Supplied entries.
BEGIN

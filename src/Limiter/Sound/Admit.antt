-- ===== src/Limiter/Sound/Admit.antt =====
-- The last loop of `Reserve`, and the normalized keys.
use gu_gu_manager.Base.{
  ℕ, ◌+◌, ◌≤◌, ◌<◌, ◌≡◌, refl, ◌∙◌, inl, inr, String, true, false, List, [], ◌∷◌, ◌++◌, arith,
  Option-cases, str_eq, eq_iff, contains, if◌then◌else◌, length, is_some, trim_space,
}
use gu_gu_manager.Base.Maps.{
  Assoc, lookup, AllValues, IsDistinct, lookup-insert, length-insert, insert-AllValues,
  insert-IsDistinct, lookup-AllValues,
}
use gu_gu_manager.Limiter.State.{AttemptLimit, AttemptState, is_idle}
use gu_gu_manager.Limiter.Keys.{add_key, collect_keys, normalized_limit_keys}
use gu_gu_manager.Limiter.Reserve.{admitted, admit_key, admit_keys, missing}
use gu_gu_manager.Limiter.Sound.States.{IsGood, retry_after_zero}
use gu_gu_manager.Limiter.Sound.Entries.{IsSound}
use gu_gu_manager.Limiter.Sound.Room.{in_flight_of}
use gu_gu_manager.Limiter.Sound.Waits.{wait_of}

-- No key stands twice.
abbrev pub AreOnce : List String → Type 0
AreOnce [] = Unit {0}
AreOnce (k ∷ ks) = (contains k ks ≡ false) × AreOnce ks

pub contains-append :
    (k : String) (xs ys : List String)
    → contains k (xs ++ ys) ≡ (if contains k xs then true else contains k ys)
unfolding contains
contains-append k [] ys = refl
contains-append k (x ∷ xs) ys = ground (arith, contains-append k xs ys)

snoc-AreOnce :
    (x : String) (xs : List String) → AreOnce xs → contains x xs ≡ false → AreOnce (xs ++ x ∷ [])
unfolding contains
snoc-AreOnce x [] o h = (refl, tt)
snoc-AreOnce x (y ∷ ys) o h =
    ground (arith, snoc-AreOnce x ys o.1, contains-append y ys (x ∷ []), eq_iff x y, eq_iff y x)

add_key-AreOnce :
    (result : List String) (key : String) → AreOnce result → AreOnce (add_key result key)
unfolding add_key
add_key-AreOnce result key o = ground (arith, snoc-AreOnce key result o)

collect_keys-AreOnce :
    (result keys : List String) → AreOnce result → AreOnce (collect_keys result keys)
unfolding collect_keys
collect_keys-AreOnce result [] o = o
collect_keys-AreOnce result (key ∷ keys) o =
    collect_keys-AreOnce (add_key result (trim_space key)) keys
      (add_key-AreOnce result (trim_space key) o)

pub normalized_limit_keys-AreOnce : (keys : List String) → AreOnce (normalized_limit_keys keys)
unfolding normalized_limit_keys
normalized_limit_keys-AreOnce keys = collect_keys-AreOnce [] keys tt

module _ (config : AttemptLimit) (now : ℕ) where
  admit_key-wait :
      (key j : String) (m : Assoc AttemptState)
      → str_eq key j ≡ false
      → wait_of config now j (admit_key now key m) ≡ wait_of config now j m
  unfolding admit_key wait_of
  admit_key-wait key j m h = ground (arith, lookup-insert key j (admitted now (lookup key m)) m)

  admit_key-AllValues :
      (key : String) (m : Assoc AttemptState)
      → 0 < config.maximum
      → wait_of config now key m ≡ 0
      → AllValues (IsGood config) m
      → AllValues (IsGood config) (admit_key now key m)
  unfolding admit_key wait_of
  admit_key-AllValues key m pos w h = elim (Option-cases (lookup key m)) [
    | inl e ↦
        rw (e, admit_key, admitted)
          (insert-AllValues (IsGood config) key _ m
            (unfold is_idle in record { bounded = omega arith; exclusive = inl refl; live = refl })
            h)
    | inr (s, e) ↦
        rw (e, admit_key, admitted)
          (insert-AllValues (IsGood config) key _ m
            (admitted_IsGood s (retry_after_zero config s now (ground arith))
              (lookup-AllValues (IsGood config) key s m h e))
            h)
  ]
    where
      admitted_IsGood :
          (s : AttemptState)
          → (s.blocked_until ≤ now) × (length s.failures + s.in_flight < config.maximum)
          → IsGood config s
          → IsGood config (record s { in_flight = s.in_flight + 1; last_activity = now })
      admitted_IsGood s free g = record {
        bounded = omega arith;
        exclusive = g.exclusive;
        live = unfold is_idle in ground arith;
      }

  length-admit_key :
      (key : String) (m : Assoc AttemptState)
      → length (admit_key now key m) ≡ length m + (if is_some (lookup key m) then 0 else 1)
  unfolding admit_key
  length-admit_key key m = ground (arith, length-insert key (admitted now (lookup key m)) m)

  missing-admit_key :
      (keys : List String) (key : String) (m : Assoc AttemptState)
      → missing keys (admit_key now key m) ≤ missing keys m
  unfolding missing admit_key
  missing-admit_key [] key m = omega arith
  missing-admit_key (k ∷ ks) key m =
      ground
        (arith, missing-admit_key ks key m, lookup-insert key k (admitted now (lookup key m)) m)

  pub admit_keys-IsSound :
      (keys : List String) (m : Assoc AttemptState)
      → 0 < config.maximum
      → AreOnce keys
      → ((j : String) → contains j keys ≡ true → wait_of config now j m ≡ 0)
      → length m + missing keys m ≤ config.capacity
      → AllValues (IsGood config) m
      → IsDistinct m
      → IsSound config config.capacity (admit_keys now keys m)
  unfolding admit_keys contains missing
  admit_keys-IsSound [] m pos o w room h d = record {
    states = h;
    distinct = d;
    sized = omega arith;
  }
  admit_keys-IsSound (key ∷ keys) m pos o w room h d =
      admit_keys-IsSound keys (admit_key now key m) pos o.1
        (λ j c. admit_key-wait key j m (ground (arith, eq_iff key j)) ∙ w j (ground arith))
        (omega (arith, length-admit_key key m, missing-admit_key keys key m))
        (admit_key-AllValues key m pos (w key (ground (arith, eq_iff key key))) h)
        (unfold admit_key in insert-IsDistinct key (admitted now (lookup key m)) m d)

module _ (now : ℕ) where
  admit_key-in_flight :
      (key j : String) (m : Assoc AttemptState)
      → in_flight_of j (admit_key now key m) ≡ in_flight_of j m + (if str_eq key j then 1 else 0)
  unfolding admit_key in_flight_of
  admit_key-in_flight key j m =
      ground (arith, lookup-insert key j (admitted now (lookup key m)) m, eq_iff key j)

  -- Each requested key has one more attempt in flight, every other key as many as before.
  pub admit_keys-in_flight :
      (keys : List String) (j : String) (m : Assoc AttemptState)
      → AreOnce keys
      → in_flight_of j (admit_keys now keys m)
        ≡ in_flight_of j m + (if contains j keys then 1 else 0)
  unfolding admit_keys contains
  admit_keys-in_flight [] j m o = omega arith
  admit_keys-in_flight (key ∷ keys) j m o = ground (
    arith,
    admit_keys-in_flight keys j (admit_key now key m) o.1,
    admit_key-in_flight key j m,
    eq_iff key j,
  )
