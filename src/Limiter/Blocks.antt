-- ===== src/Limiter/Blocks.antt =====
-- The failure that blocks a key.
use gu_gu_manager.Base.{
  ℕ, ◌+◌, ◌-◌, ◌≤◌, ◌<◌, ◌≡◌, refl, ◌∙◌, inl, inr, String, true, false, some, List, [], ◌∷◌, arith,
  Bool-cases, Option-cases, str_eq, eq_iff, contains, length, length-append,
}
use gu_gu_manager.Base.Maps.{Assoc, lookup, lookup-insert, lookup-remove}
use gu_gu_manager.Limiter.State.{AttemptLimit, AttemptState, is_idle, prune, store_or_delete}
use gu_gu_manager.Limiter.Complete.{
  failure, settle, record_failure, complete_state, complete_key, complete_keys,
}
use gu_gu_manager.Limiter.Sound.Admit.{AreOnce}

module _ (config : AttemptLimit) (now : ℕ) where
  pub store_or_delete-lookup :
      (key j : String) (s : AttemptState) (m : Assoc AttemptState)
      → str_eq key j ≡ false
      → lookup j (store_or_delete key s m) ≡ lookup j m
  unfolding store_or_delete
  store_or_delete-lookup key j s m h =
      ground (arith, lookup-remove key j m, lookup-insert key j s m)

  pub complete_key-lookup :
      (key j : String) (m : Assoc AttemptState)
      → str_eq key j ≡ false
      → lookup j (complete_key config failure [] now key m) ≡ lookup j m
  unfolding complete_key
  complete_key-lookup key j m h = elim (Option-cases (lookup key m)) [
    | inl e ↦ rw (e, complete_key)
    | inr (s, e) ↦ rw (e, complete_key) (store_or_delete-lookup key j _ m h)
  ]

  pub complete_keys-lookup :
      (keys : List String) (j : String) (m : Assoc AttemptState)
      → contains j keys ≡ false
      → lookup j (complete_keys config failure [] now keys m) ≡ lookup j m
  unfolding complete_keys contains
  complete_keys-lookup [] j m h = refl
  complete_keys-lookup (key ∷ keys) j m h =
      complete_keys-lookup keys j (complete_key config failure [] now key m) (ground arith)
      ∙ complete_key-lookup key j m (ground arith)

  -- A record that the maximum of failures reaches.
  unfoldable pub IsLastStraw : AttemptState → Type 0
  IsLastStraw s =
      (s.blocked_until ≤ now) × (config.maximum ≤ length (prune config s now).failures + 1)

  pub record_failure_blocks :
      (s : AttemptState)
      → s.blocked_until ≡ 0
      → config.maximum ≤ length s.failures + 1
      → (record_failure config now s).blocked_until ≡ now + config.block_for
  unfolding record_failure
  record_failure_blocks s b h = ground (arith, length-append s.failures (now ∷ []))

  pub complete_state_blocks :
      (s : AttemptState)
      → IsLastStraw s
      → (complete_state config failure false now (prune config s now)).blocked_until
        ≡ now + config.block_for
  unfolding IsLastStraw complete_state settle
  complete_state_blocks s straw =
      record_failure_blocks
        (record (prune config s now) { in_flight = (prune config s now).in_flight - 1 })
        (unfold prune in ground arith) straw.1

  pub store_or_delete_blocked :
      (key : String) (s : AttemptState) (m : Assoc AttemptState)
      → 0 < s.blocked_until
      → lookup key (store_or_delete key s m) ≡ some s
  unfolding store_or_delete is_idle
  store_or_delete_blocked key s m h = ground (arith, lookup-insert key key s m, eq_iff key key)

  pub complete_key_blocks :
      (key : String) (s : AttemptState) (m : Assoc AttemptState)
      → 0 < config.block_for
      → lookup key m ≡ some s
      → IsLastStraw s
      → (t : AttemptState) × (lookup key (complete_key config failure [] now key m) ≡ some t)
        × (t.blocked_until ≡ now + config.block_for)
  unfolding complete_key contains
  complete_key_blocks key s m pos e straw =
      let t = complete_state config failure false now (prune config s now) in
      let until = complete_state_blocks s straw in
      (t, rw (e, complete_key) (store_or_delete_blocked key t m (omega arith)), until)

  pub complete_keys_blocks :
      (keys : List String) (k : String) (s : AttemptState) (m : Assoc AttemptState)
      → 0 < config.block_for
      → AreOnce keys
      → contains k keys ≡ true
      → lookup k m ≡ some s
      → IsLastStraw s
      → (t : AttemptState) × (lookup k (complete_keys config failure [] now keys m) ≡ some t)
        × (t.blocked_until ≡ now + config.block_for)
  unfolding complete_keys contains
  complete_keys_blocks [] k s m pos o r e straw = absurd (ground arith)
  complete_keys_blocks (key ∷ keys) k s m pos o r e straw = elim (Bool-cases (str_eq key k)) [
    | inl same ↦
        let eq : key ≡ k = (eq_iff key k).0 same in
        let found : lookup key m ≡ some s = rw eq e in
        let (t, stored, until) = complete_key_blocks key s m pos found straw in
        (
          t,
          rw (← eq) (
              complete_keys-lookup keys key (complete_key config failure [] now key m) o.0
              ∙ stored),
          until,
        )
    | inr other ↦
        complete_keys_blocks keys k s (complete_key config failure [] now key m) pos o.1
          (ground arith) (complete_key-lookup key k m other ∙ e) straw
  ]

END

Above are the records; please copy exactly their first line and each line after it through the line containing "collect_keys-AreOnce result [] o = o", and no line after that.

filename src/Limiter/Sound/Admit.antt
-- ===== src/Limiter/Sound/Admit.antt =====
-- The last loop of `Reserve`, and the normalized keys.
use gu_gu_manager.Base.{
  ℕ, ◌+◌, ◌≤◌, ◌<◌, ◌≡◌, refl, ◌∙◌, inl, inr, String, true, false, List, [], ◌∷◌, ◌++◌, arith,
  Option-cases, str_eq, eq_iff, contains, if◌then◌else◌, length, is_some, trim_space,
}
use gu_gu_manager.Base.Maps.{
  Assoc, lookup, AllValues, IsDistinct, lookup-insert, length-insert, insert-AllValues,
  insert-IsDistinct, lookup-AllValues,
}
use gu_gu_manager.Limiter.State.{AttemptLimit, AttemptState, is_idle}
use gu_gu_manager.Limiter.Keys.{add_key, collect_keys, normalized_limit_keys}
use gu_gu_manager.Limiter.Reserve.{admitted, admit_key, admit_keys, missing}
use gu_gu_manager.Limiter.Sound.States.{IsGood, retry_after_zero}
use gu_gu_manager.Limiter.Sound.Entries.{IsSound}
use gu_gu_manager.Limiter.Sound.Room.{in_flight_of}
use gu_gu_manager.Limiter.Sound.Waits.{wait_of}

-- No key stands twice.
abbrev pub AreOnce : List String → Type 0
AreOnce [] = Unit {0}
AreOnce (k ∷ ks) = (contains k ks ≡ false) × AreOnce ks

pub contains-append :
    (k : String) (xs ys : List String)
    → contains k (xs ++ ys) ≡ (if contains k xs then true else contains k ys)
unfolding contains
contains-append k [] ys = refl
contains-append k (x ∷ xs) ys = ground (arith, contains-append k xs ys)

snoc-AreOnce :
    (x : String) (xs : List String) → AreOnce xs → contains x xs ≡ false → AreOnce (xs ++ x ∷ [])
unfolding contains
snoc-AreOnce x [] o h = (refl, tt)
snoc-AreOnce x (y ∷ ys) o h =
    ground (arith, snoc-AreOnce x ys o.1, contains-append y ys (x ∷ []), eq_iff x y, eq_iff y x)

add_key-AreOnce :
    (result : List String) (key : String) → AreOnce result → AreOnce (add_key result key)
unfolding add_key
add_key-AreOnce result key o = ground (arith, snoc-AreOnce key result o)

collect_keys-AreOnce :
    (result keys : List String) → AreOnce result → AreOnce (collect_keys result keys)
unfolding collect_keys
collect_keys-AreOnce result [] o = o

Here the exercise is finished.